### What you have to do
Only the lines below starting at the one that contains "unfolding handle_file_read read_confined" and ending at the one that contains "confine_to_root tfai_go.Path.clean tfai_go.Path.render" are to be reproduced, exactly and with both ends kept.

====

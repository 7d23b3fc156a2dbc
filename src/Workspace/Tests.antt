-- ===== src/Workspace/Tests.antt =====
-- Runs of the file API at concrete inputs.
use tfai_go.Base.{◌≡◌, ◌≢◌, refl, ◌⊎◌, ◌↔◌, none, List, [], Bytes, codes, Result, ok, All, split}
use tfai_go.Path.{separator, dotdot, is_abs, clean}
use tfai_go.Path.Prefix.{Within}
use tfai_go.Disk.{Tree, Os, file}
use tfai_go.Workspace.{
  confine_to_root, confine_rest, FileSaveRequest, confine_to_dir, confine_twice, handle_file_save,
  handle_file_read, read_confined, read_node,
}
use tfai_go.Workspace.Confine.{confine_twice_iff}
use tfai_go.Workspace.Save.{
  IsRefused, IsFailed, IsSaved, handle_file_save-cases, handle_file_read_confined,
}

-- A system in which no call fails, and a tree with one file.
abbrev os : Os
os = record {
  write_error = λ tree path. none;
  mkdir_error = λ tree path. none;
  read_error = λ tree path. none;
  stat_error = λ tree path. none;
}

abbrev tree : Tree
tree path = file (codes "x")

abbrev root : Bytes
root = codes "/w"

abbrev dir : Bytes
dir = codes "/w/a"

abbrev target : Bytes
target = codes "/w/a/../a/m.tf"

abbrev cleaned : Bytes
cleaned = codes "/w/a/m.tf"

abbrev body : FileSaveRequest
body = record { workspace_dir = dir; path = target; content = codes "y" }

confine_twice_iff_example : (confine_twice root dir target ≡ ok cleaned) ↔ (
    (cleaned ≡ clean target)
    × Within (clean dir) cleaned
    × (root ≢ [] → Within (clean root) cleaned))
confine_twice_iff_example = confine_twice_iff root dir target cleaned

handle_file_save-cases_example :
    IsRefused tree (handle_file_save os root tree (ok body))
    ⊎ ((IsFailed tree (clean target) (handle_file_save os root tree (ok body))
          ⊎ IsSaved tree (clean target) (codes "y") (handle_file_save os root tree (ok body)))
        × Within (clean dir) (clean target)
        × (root ≢ [] → Within (clean root) (clean target)))
handle_file_save-cases_example = handle_file_save-cases os root tree body

handle_file_read_confined_example :
    (cleaned ≡ clean target)
    × (tree cleaned ≡ file (codes "x"))
    × Within (clean dir) cleaned
    × (root ≢ [] → Within (clean root) cleaned)
unfolding handle_file_read read_confined read_node confine_twice confine_rest confine_to_dir
    confine_to_root tfai_go.Path.clean tfai_go.Path.render tfai_go.Path.elements
    tfai_go.Path.push_element tfai_go.Path.up tfai_go.Path.join_elements tfai_go.Path.is_abs
    tfai_go.Base.bytes_eq tfai_go.Base.has_prefix split
handle_file_read_confined_example =
    handle_file_read_confined os root tree target dir cleaned (codes "x") refl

====

### Reply to the task
unfolding handle_file_read read_confined read_node confine_twice confine_rest confine_to_dir
    confine_to_root tfai_go.Path.clean tfai_go.Path.render tfai_go.Path.elements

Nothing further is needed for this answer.